● TASK OBJECTIVE
Where the string "cases" occurs in a line of the data below, that line should be copied.

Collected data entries
───
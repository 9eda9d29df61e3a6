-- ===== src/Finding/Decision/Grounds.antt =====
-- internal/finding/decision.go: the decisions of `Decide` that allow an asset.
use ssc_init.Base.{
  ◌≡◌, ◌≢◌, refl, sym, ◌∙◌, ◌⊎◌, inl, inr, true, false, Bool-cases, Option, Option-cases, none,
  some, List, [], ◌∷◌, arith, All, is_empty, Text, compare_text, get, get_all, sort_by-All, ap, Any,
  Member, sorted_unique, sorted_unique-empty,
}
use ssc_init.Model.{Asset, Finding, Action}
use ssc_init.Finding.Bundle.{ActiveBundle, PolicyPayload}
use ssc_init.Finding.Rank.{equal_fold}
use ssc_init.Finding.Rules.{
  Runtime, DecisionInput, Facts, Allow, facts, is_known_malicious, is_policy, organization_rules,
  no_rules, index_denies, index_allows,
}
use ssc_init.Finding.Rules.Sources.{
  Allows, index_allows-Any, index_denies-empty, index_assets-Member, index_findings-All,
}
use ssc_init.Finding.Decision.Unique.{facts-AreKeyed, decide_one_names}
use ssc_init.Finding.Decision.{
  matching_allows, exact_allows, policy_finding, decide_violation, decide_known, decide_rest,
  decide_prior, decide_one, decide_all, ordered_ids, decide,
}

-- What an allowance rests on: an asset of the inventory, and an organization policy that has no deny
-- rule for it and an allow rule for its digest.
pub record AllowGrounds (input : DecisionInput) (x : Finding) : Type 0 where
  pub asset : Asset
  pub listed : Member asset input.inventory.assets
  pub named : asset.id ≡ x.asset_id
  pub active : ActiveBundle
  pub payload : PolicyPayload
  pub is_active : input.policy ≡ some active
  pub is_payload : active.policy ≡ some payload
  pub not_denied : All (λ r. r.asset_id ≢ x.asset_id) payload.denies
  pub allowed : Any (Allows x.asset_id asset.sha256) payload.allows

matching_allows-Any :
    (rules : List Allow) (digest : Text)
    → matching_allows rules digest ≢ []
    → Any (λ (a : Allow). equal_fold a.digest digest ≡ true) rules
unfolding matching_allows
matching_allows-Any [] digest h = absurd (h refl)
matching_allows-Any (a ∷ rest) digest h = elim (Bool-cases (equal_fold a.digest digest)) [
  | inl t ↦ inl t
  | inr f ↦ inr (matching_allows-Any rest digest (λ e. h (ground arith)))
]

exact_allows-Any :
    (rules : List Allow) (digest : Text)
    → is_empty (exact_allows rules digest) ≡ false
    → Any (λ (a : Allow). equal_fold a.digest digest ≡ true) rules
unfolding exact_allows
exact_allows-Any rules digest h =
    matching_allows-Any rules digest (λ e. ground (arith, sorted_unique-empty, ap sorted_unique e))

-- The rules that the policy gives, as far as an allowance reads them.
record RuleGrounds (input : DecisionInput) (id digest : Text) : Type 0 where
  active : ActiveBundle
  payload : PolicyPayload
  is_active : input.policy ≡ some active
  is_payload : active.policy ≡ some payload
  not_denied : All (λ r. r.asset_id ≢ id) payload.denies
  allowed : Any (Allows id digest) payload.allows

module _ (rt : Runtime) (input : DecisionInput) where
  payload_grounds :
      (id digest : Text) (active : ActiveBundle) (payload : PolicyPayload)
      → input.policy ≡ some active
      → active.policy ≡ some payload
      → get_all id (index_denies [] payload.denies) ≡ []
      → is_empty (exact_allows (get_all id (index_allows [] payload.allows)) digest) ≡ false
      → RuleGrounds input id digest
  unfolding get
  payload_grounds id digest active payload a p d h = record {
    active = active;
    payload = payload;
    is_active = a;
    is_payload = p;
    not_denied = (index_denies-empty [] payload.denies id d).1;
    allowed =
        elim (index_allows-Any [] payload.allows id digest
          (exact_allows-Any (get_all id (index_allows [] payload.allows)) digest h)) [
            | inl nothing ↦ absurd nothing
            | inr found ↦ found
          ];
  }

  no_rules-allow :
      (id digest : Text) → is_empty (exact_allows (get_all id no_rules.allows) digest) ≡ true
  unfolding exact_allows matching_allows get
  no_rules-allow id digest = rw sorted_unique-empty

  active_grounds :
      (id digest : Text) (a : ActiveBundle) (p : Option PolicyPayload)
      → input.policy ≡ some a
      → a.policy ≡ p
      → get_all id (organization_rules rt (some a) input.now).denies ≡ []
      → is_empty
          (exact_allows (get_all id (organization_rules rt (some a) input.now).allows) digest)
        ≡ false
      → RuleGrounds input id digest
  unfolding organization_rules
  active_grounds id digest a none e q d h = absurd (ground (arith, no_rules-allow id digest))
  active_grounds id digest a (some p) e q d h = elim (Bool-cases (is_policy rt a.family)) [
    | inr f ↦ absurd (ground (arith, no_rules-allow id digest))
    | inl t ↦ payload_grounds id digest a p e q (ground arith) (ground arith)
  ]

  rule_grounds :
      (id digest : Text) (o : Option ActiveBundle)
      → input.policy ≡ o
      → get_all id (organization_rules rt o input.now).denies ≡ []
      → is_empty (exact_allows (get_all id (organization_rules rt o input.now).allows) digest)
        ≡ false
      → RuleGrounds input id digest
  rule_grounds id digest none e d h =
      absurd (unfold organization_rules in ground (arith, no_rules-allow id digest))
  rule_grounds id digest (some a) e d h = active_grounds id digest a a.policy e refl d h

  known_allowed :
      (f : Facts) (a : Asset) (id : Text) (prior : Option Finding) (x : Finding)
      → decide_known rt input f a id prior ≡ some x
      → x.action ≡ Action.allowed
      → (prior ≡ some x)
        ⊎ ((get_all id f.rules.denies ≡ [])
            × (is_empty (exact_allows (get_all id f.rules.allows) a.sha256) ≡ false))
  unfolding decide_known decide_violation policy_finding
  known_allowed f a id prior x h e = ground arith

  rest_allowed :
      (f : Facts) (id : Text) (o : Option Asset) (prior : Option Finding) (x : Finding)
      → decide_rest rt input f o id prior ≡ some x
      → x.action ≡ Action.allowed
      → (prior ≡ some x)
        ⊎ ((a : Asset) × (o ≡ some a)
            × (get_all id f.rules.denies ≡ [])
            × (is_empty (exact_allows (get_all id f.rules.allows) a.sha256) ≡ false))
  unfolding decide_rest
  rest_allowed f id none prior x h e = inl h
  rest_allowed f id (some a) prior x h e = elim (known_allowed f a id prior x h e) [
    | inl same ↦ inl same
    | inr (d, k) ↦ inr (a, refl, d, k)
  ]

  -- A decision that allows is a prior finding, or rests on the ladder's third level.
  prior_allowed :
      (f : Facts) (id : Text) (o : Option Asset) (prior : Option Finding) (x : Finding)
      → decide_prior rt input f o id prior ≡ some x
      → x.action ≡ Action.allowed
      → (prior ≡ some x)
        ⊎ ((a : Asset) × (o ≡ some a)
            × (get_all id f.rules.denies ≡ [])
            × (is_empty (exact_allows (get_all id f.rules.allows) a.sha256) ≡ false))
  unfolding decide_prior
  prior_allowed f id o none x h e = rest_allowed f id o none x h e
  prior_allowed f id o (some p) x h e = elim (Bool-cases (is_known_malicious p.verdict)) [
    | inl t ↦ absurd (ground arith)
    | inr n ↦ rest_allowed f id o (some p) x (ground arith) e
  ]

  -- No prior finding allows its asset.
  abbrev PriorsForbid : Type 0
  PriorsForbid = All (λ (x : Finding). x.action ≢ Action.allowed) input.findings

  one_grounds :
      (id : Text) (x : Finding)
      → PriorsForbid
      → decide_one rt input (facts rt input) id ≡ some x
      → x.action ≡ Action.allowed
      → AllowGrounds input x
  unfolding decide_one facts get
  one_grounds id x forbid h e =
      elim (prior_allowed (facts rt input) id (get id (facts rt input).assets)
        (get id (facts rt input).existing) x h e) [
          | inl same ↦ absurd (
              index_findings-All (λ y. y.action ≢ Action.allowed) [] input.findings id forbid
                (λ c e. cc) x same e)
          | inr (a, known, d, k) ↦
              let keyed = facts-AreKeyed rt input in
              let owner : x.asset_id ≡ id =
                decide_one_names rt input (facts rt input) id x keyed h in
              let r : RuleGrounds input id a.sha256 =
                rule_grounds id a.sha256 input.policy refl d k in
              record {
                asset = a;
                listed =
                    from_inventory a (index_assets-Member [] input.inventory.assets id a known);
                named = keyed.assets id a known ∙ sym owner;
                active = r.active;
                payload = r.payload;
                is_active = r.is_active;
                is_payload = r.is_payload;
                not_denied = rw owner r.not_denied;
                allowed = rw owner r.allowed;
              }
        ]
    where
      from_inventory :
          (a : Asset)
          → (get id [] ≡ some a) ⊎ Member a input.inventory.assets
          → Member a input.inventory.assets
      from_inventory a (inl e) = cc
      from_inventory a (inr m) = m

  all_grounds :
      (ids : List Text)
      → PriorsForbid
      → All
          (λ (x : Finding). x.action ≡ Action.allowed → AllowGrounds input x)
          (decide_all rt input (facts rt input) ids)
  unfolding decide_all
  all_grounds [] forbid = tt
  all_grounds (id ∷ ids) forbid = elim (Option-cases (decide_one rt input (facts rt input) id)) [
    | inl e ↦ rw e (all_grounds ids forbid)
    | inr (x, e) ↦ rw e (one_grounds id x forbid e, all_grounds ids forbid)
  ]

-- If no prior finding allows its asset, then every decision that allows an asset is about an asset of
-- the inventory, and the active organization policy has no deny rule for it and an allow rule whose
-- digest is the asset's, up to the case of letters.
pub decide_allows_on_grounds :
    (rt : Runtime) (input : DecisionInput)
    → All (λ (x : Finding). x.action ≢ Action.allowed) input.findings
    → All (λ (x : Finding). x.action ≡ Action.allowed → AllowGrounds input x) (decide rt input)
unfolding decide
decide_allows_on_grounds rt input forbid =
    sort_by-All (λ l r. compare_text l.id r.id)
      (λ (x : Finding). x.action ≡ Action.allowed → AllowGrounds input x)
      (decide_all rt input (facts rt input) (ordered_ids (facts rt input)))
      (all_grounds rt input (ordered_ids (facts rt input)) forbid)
───
● EXPECTED OUTPUT
  ◌≡◌, ◌≢◌, refl, sym, ◌∙◌, ◌⊎◌, inl, inr, true, false, Bool-cases, Option, Option-cases, none,
matching_allows-Any (a ∷ rest) digest h = elim (Bool-cases (equal_fold a.digest digest)) [
  active_grounds id digest a (some p) e q d h = elim (Bool-cases (is_policy rt a.family)) [
  prior_allowed f id o (some p) x h e = elim (Bool-cases (is_known_malicious p.verdict)) [
  all_grounds (id ∷ ids) forbid = elim (Option-cases (decide_one rt input (facts rt input) id)) [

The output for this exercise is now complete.